Active learning strategies in nursing education are teaching methods and techniques that encourage students to actively participate in their own learning process, rather than passively receiving information. These strategies promote critical thinking, problem-solving, and application of knowledge in real-world situations.

One of my favorites is GROUP ACTIVITIES! Group activities promote active participation, collaboration, teamwork, communication, and exchanging of ideas. I love breaking the classroom into small groups of 4-5 students each and having them rotate through 4-5 stations. My favorite part is walking past and stopping by the groups and hearing their ideas and opinions. I love hearing them critically think and challenging each other's ideas to come up with the answers.

Here are some ideas for activities that promote group discussion and critical thinking that I have used in my own classroom:

Station 1 Discussion Questions:

Select an image or a real life scenario or a case study and develop 2-3 discussion questions around it. I like to make sure that the questions cannot be answered with a simple yes/no, and that they address the class objectives (so they are likely to see the topic on the exam). Here are some examples:

For tissue integrity class-

Print a color image of a pressure ulcer or provide a QR code or link to the image. Then have the students discuss the answers to these questions:

  • What stage is this wound?

  • How would you describe this wound?

  • What could the nurse do to prevent this wound?

  • What could the nurse do to promote wound healing?

For medication administration class-

Provide a scenario about a medication error. Then have the students discuss the answers to these questions:

It is 1220. The nursing assistant told the registered nurse that Mr. John’s fingerstick was 344 at 1218. The registered nurse gets a vial of insulin from the med-room fridge, draws up 10 units of insulin, takes it to Mr. John’s room, and administers the insulin subcut in the left upper arm. Mr. John asks the nurse, “What did you just give me?” The nurse responds,” Your insulin.” The nurse receives a call from Mr. Abe and goes to see him. At 1300, the nurse sits down to document the administration of 10 units of insulin to Mr. John. The nurse looks at Mr. John’s fingerstick results and sees at 1218, his fingerstick was 144, and he should have gotten 2 units of insulin.
  • What should the nurse do next after realizing the medication error?
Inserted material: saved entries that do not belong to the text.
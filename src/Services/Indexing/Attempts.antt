-- ===== src/Services/Indexing/Attempts.antt =====
-- The attempts that the jobs of the queue have left, which every turn of the worker that finds a
-- due job makes fewer, whatever its outcome and whatever the clock reads.
use mathlib.Core.Path.{subst}
use rag_anotacoes_sdd.Prelude.{
  ℕ, ◌+◌, ◌-◌, ◌≤◌, ◌<◌, ◌≡◌, ◌≢◌, refl, sym, ◌∙◌, ◌⊎◌, inl, inr, Bool, true, Option, none, some,
  List, [], ◌∷◌, ◌++◌, All, map, ◌==◌, Uuid, Instant, arith, Result, ok, select,
}
use rag_anotacoes_sdd.Text.{Text}
use rag_anotacoes_sdd.Domain.Jobs.{
  IndexingJob, complete, claim, fail_transient, default_maximum_attempts,
}
use rag_anotacoes_sdd.Persistence.Tables.{Tables, IndexingJobRecord, update_where}
use rag_anotacoes_sdd.Persistence.Transactions.{Db, then_inversion, transaction_ok, ◌>>=◌}
use rag_anotacoes_sdd.Persistence.Jobs.{
  is_due, earliest, claimed_row, update_claimed, claim_indexing_job,
}
use rag_anotacoes_sdd.Persistence.Jobs.Claims.{
  claim_indexing_job-Claims, claim_indexing_job-none_iff,
}
use rag_anotacoes_sdd.Services.Indexing.{Ports, process, process_claimed, run_once}
use rag_anotacoes_sdd.Services.Indexing.Due.{due_jobs}
use rag_anotacoes_sdd.Services.Indexing.Progress.{none_due, begun}
use rag_anotacoes_sdd.Services.Indexing.Changes.{Relation, IsPreorder, Changes, Kept}
use rag_anotacoes_sdd.Services.Indexing.Turns.{process-Changes}

-- Five attempts for each job, less those that it has counted.
unfoldable pub attempts_left : List IndexingJobRecord → ℕ
attempts_left [] = 0
attempts_left (j ∷ js) = (5 - j.attempt_count) + attempts_left js

abbrev id_of : IndexingJobRecord → Uuid
id_of j = j.id

-- No two of the identifiers are the same.
abbrev pub AreApart : List Uuid → Type 0
AreApart [] = Unit
AreApart (a ∷ ids) = All (λ b. b ≢ a) ids × AreApart ids

-- No two jobs have the same identifier, which is the table's primary key.
abbrev pub HaveKeys : List IndexingJobRecord → Type 0
HaveKeys js = AreApart (map id_of js)

-- The rows with this identifier have counted so many attempts.
abbrev Counted : Uuid → ℕ → List IndexingJobRecord → Type 0
Counted id n [] = Unit
Counted id n (j ∷ js) = (j.id ≡ id → j.attempt_count ≡ n) × Counted id n js

others-Counted :
    (id : Uuid) (n : ℕ) (js : List IndexingJobRecord)
    → All (λ b. b ≢ id) (map id_of js)
    → Counted id n js
others-Counted id n [] h = tt
others-Counted id n (j ∷ js) h = (λ e. absurd (h.0 e), others-Counted id n js h.1)

apart_middle :
    (id : Uuid) (before : List IndexingJobRecord) (r : IndexingJobRecord)
    (after : List IndexingJobRecord)
    → All (λ b. b ≢ id) (map id_of (before ++ r ∷ after))
    → r.id ≢ id
apart_middle id [] r after h = h.0
apart_middle id (b ∷ before) r after h = apart_middle id before r after h.1

-- Only one row has the identifier of a row.
HaveKeys-Counted :
    (before : List IndexingJobRecord) (r : IndexingJobRecord) (after : List IndexingJobRecord)
    → HaveKeys (before ++ r ∷ after)
    → Counted r.id r.attempt_count (before ++ r ∷ after)
HaveKeys-Counted [] r after h = (λ e. refl, others-Counted r.id r.attempt_count after h.0)
HaveKeys-Counted (b ∷ before) r after h = (
  λ e. absurd (apart_middle b.id before r after h.0 (sym e)),
  HaveKeys-Counted before r after h.1,
)

module _ (now : Instant) (lease_seconds : ℕ) (id : Uuid) where
  abbrev after_claim : List IndexingJobRecord → List IndexingJobRecord
  after_claim js = update_where (λ j. j.id == id) (claimed_row now lease_seconds) js

  ids-after_claim : (js : List IndexingJobRecord) → map id_of (after_claim js) ≡ map id_of js
  unfolding update_where claimed_row
  ids-after_claim [] = refl
  ids-after_claim (j ∷ js) = ground (arith, ids-after_claim js)

  Counted-after_claim :
      (n : ℕ) (js : List IndexingJobRecord) → Counted id n js → Counted id (n + 1) (after_claim js)
  unfolding update_where claimed_row
  Counted-after_claim n [] h = tt
  Counted-after_claim n (j ∷ js) h = (λ e. ground (arith, h.0), Counted-after_claim n js h.1)

  left-after_claim :
      (js : List IndexingJobRecord) → attempts_left (after_claim js) ≤ attempts_left js
  unfolding update_where claimed_row attempts_left
  left-after_claim [] = ground arith
  left-after_claim (j ∷ js) = ground (arith, left-after_claim js)

  left_fewer :
      (before : List IndexingJobRecord) (r : IndexingJobRecord) (after : List IndexingJobRecord)
      → r.id ≡ id
      → r.attempt_count < 5
      → attempts_left (after_claim (before ++ r ∷ after)) < attempts_left (before ++ r ∷ after)
  unfolding update_where claimed_row attempts_left
  left_fewer [] r after e l = ground (arith, left-after_claim after)
  left_fewer (b ∷ before) r after e l = ground (arith, left_fewer before r after e l)

-- What processing a job that has counted `n` attempts leaves: the identifiers and the attempts.
abbrev Steady : Uuid → ℕ → Relation
Steady id n js js' =
    Counted id n js
    → Counted id n js' × (attempts_left js' ≡ attempts_left js) × (map id_of js' ≡ map id_of js)

Steady-IsPreorder : (id : Uuid) (n : ℕ) → IsPreorder (Steady id n)
Steady-IsPreorder id n = record {
  same = λ js c. (c, refl, refl);
  both = λ x y z h k c. let (c', e, i) = h c in let (c'', e', i') = k c' in (c'', e' ∙ e, i' ∙ i);
}

Steady-Kept :
    (job after : IndexingJob)
    → after.id ≡ job.id
    → after.attempt_count ≡ job.attempt_count
    → Kept (Steady job.id job.attempt_count) after
unfolding update_where attempts_left
Steady-Kept job after same counted user [] c = (tt, refl, refl)
Steady-Kept job after same counted user (j ∷ js) c =
    let (c', e, i) = Steady-Kept job after same counted user js c.1 in
    ((λ e. ground (arith, c.0), c'), ground (arith, e, c.0), ground (arith, i))

complete-same :
    (job after : IndexingJob) (now : Instant)
    → complete job now ≡ ok after
    → (after.id ≡ job.id) × (after.attempt_count ≡ job.attempt_count)
unfolding complete
complete-same job after now h = (ground arith, ground arith)

fail_transient-same :
    (job after : IndexingJob) (code : Text) (now : Instant)
    → fail_transient job code now default_maximum_attempts ≡ ok after
    → (after.id ≡ job.id) × (after.attempt_count ≡ job.attempt_count)
unfolding fail_transient
fail_transient-same job after code now h = (ground arith, ground arith)

process-Steady :
    (p : Ports) (later : Instant) (job : IndexingJob)
    → Changes (Steady job.id job.attempt_count) (process p later job)
process-Steady p later job =
    process-Changes (Steady job.id job.attempt_count) (Steady-IsPreorder job.id job.attempt_count)
      later job
      (λ after e. let (a, b) = complete-same job after later e in Steady-Kept job after a b)
      (λ code after e.
        let (a, b) = fail_transient-same job after code later e in Steady-Kept job after a b)
      p

update_claimed-capped :
    (now : Instant) (lease_seconds : ℕ) (o : Option IndexingJobRecord) (db : Db) {job : IndexingJob}
    {db' : Db}
    → ◌≡◌ {A = Result (Option IndexingJob) × Db}
        (update_claimed now lease_seconds o db)
        (ok (some job), db')
    → job.attempt_count ≤ 5
update_claimed-capped now lease_seconds none db h = cc
update_claimed-capped now lease_seconds (some r) db h = ground arith

claim_indexing_job-capped :
    (now : Instant) (lease_seconds : ℕ) (db : Db) {job : IndexingJob} {db' : Db}
    → claim_indexing_job now lease_seconds db ≡ (ok (some job), db')
    → job.attempt_count ≤ 5
unfolding claim_indexing_job
claim_indexing_job-capped now lease_seconds db h =
    update_claimed-capped now lease_seconds (earliest (select (is_due now) db.jobs)) db h

claim-same :
    (r job : IndexingJob) (now : Instant) (lease_seconds : ℕ)
    → claim r now lease_seconds ≡ ok job
    → (job.id ≡ r.id) × (job.attempt_count ≡ r.attempt_count + 1)
unfolding claim
claim-same r job now lease_seconds h = (ground arith, ground arith)

-- What a claim leaves.
record IsClaimed (t : Tables) (job : IndexingJob) (js : List IndexingJobRecord) : Type 0 where
  keys : HaveKeys js
  fewer : attempts_left js < attempts_left t.jobs
  counted : Counted job.id job.attempt_count js

claimed_at :
    (now : Instant) (lease_seconds : ℕ) (t : Tables) (job : IndexingJob)
    (before : List IndexingJobRecord) (r : IndexingJobRecord) (after : List IndexingJobRecord)
    → HaveKeys (before ++ r ∷ after)
    → t.jobs ≡ before ++ r ∷ after
    → job.id ≡ r.id
    → job.attempt_count ≡ r.attempt_count + 1
    → job.attempt_count ≤ 5
    → IsClaimed t job (after_claim now lease_seconds r.id (before ++ r ∷ after))
claimed_at now lease_seconds t job before r after keys at same counted cap = record {
  keys = rw (ids-after_claim now lease_seconds r.id (before ++ r ∷ after)) keys;
  fewer =
      rw at (left_fewer now lease_seconds r.id before r after refl (omega (arith, counted, cap)));
  counted =
      rw (same, counted)
        (Counted-after_claim now lease_seconds r.id r.attempt_count (before ++ r ∷ after)
          (HaveKeys-Counted before r after keys));
}

claim_indexing_job-IsClaimed :
    (now : Instant) (lease_seconds : ℕ) (t : Tables) (job : IndexingJob) (db : Db)
    → HaveKeys t.jobs
    → claim_indexing_job now lease_seconds (begun t) ≡ (ok (some job), db)
    → IsClaimed t job db.jobs
claim_indexing_job-IsClaimed now lease_seconds t job db keys h =
    let (r, (due, (before, after, at), _), claimed, tables) =
      claim_indexing_job-Claims now lease_seconds (begun t) h in
    let (same, counted) = claim-same r job now lease_seconds claimed in
    let cap = claim_indexing_job-capped now lease_seconds (begun t) h in
    let split =
      claimed_at now lease_seconds t job before r after (rw at at keys) at same counted cap in
    rw tables (subst (λ js. IsClaimed t job (after_claim now lease_seconds r.id js)) (sym at) split)

turn :
    (p : Ports) (now : Instant) (lease_seconds : ℕ) (t : Tables) (a : Option IndexingJob)
    (middle : Db) (b : Bool) (db : Db)
    → HaveKeys t.jobs
    → claim_indexing_job now lease_seconds (begun t) ≡ (ok a, middle)
    → ◌≡◌ {A = Result Bool × Db} (process_claimed p p.clock a middle) (ok b, db)
    → (HaveKeys db.jobs × (attempts_left db.jobs < attempts_left t.jobs))
      ⊎ (due_jobs now t.jobs ≡ 0)
turn p now lease_seconds t none middle b db keys e e' =
    inr
      (none_due now t.jobs ((claim_indexing_job-none_iff now lease_seconds (begun t)).0 middle e).0)
turn p now lease_seconds t (some job) middle b db keys e e' =
    let claimed = claim_indexing_job-IsClaimed now lease_seconds t job middle keys e in
    let (_, left, ids) = (process-Steady p p.clock job).run middle e' claimed.counted in
    inl (rw ids claimed.keys, rw left claimed.fewer)

-- A turn that ends without an exception takes an attempt from the queue, or no job was due.
pub run_once-attempts_left :
    (p : Ports) (now : Instant) (lease_seconds : ℕ) (t : Tables) {b : Bool} {t' : Tables}
    → HaveKeys t.jobs
    → run_once p now true lease_seconds t ≡ (ok b, t')
    → (HaveKeys t'.jobs × (attempts_left t'.jobs < attempts_left t.jobs))
      ⊎ (due_jobs now t.jobs ≡ 0)
unfolding run_once
run_once-attempts_left p now lease_seconds t {b} {t'} keys h =
    let (db, e, stored) =
      transaction_ok (claim_indexing_job now lease_seconds >>= process_claimed p p.clock) t h in
    let (a, middle, e', e'') =
      then_inversion (claim_indexing_job now lease_seconds) (process_claimed p p.clock) (begun t)
        e in
    rw stored (turn p now lease_seconds t a middle b db keys e' e'')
  • At which points (list 4) in the scenario could the medication error have been avoided? How?

  • Who do you think is ultimately responsible for this medication error?

  • What systems could the facility put in place to avoid errors like this in the future?

Station 2 Practice Questions:

Students LOVE practice questions- especially if they are covering topics that will be on the exam. Find or create 8-10 practice questions, print them out and laminate the page so you can reuse them. Have the students answer the questions together and defend their answers. I have students select the correct answer AND write down their rationale for why it is correct. Be sure to include different question types like select-all-that-apply, ordering, and bow-tie.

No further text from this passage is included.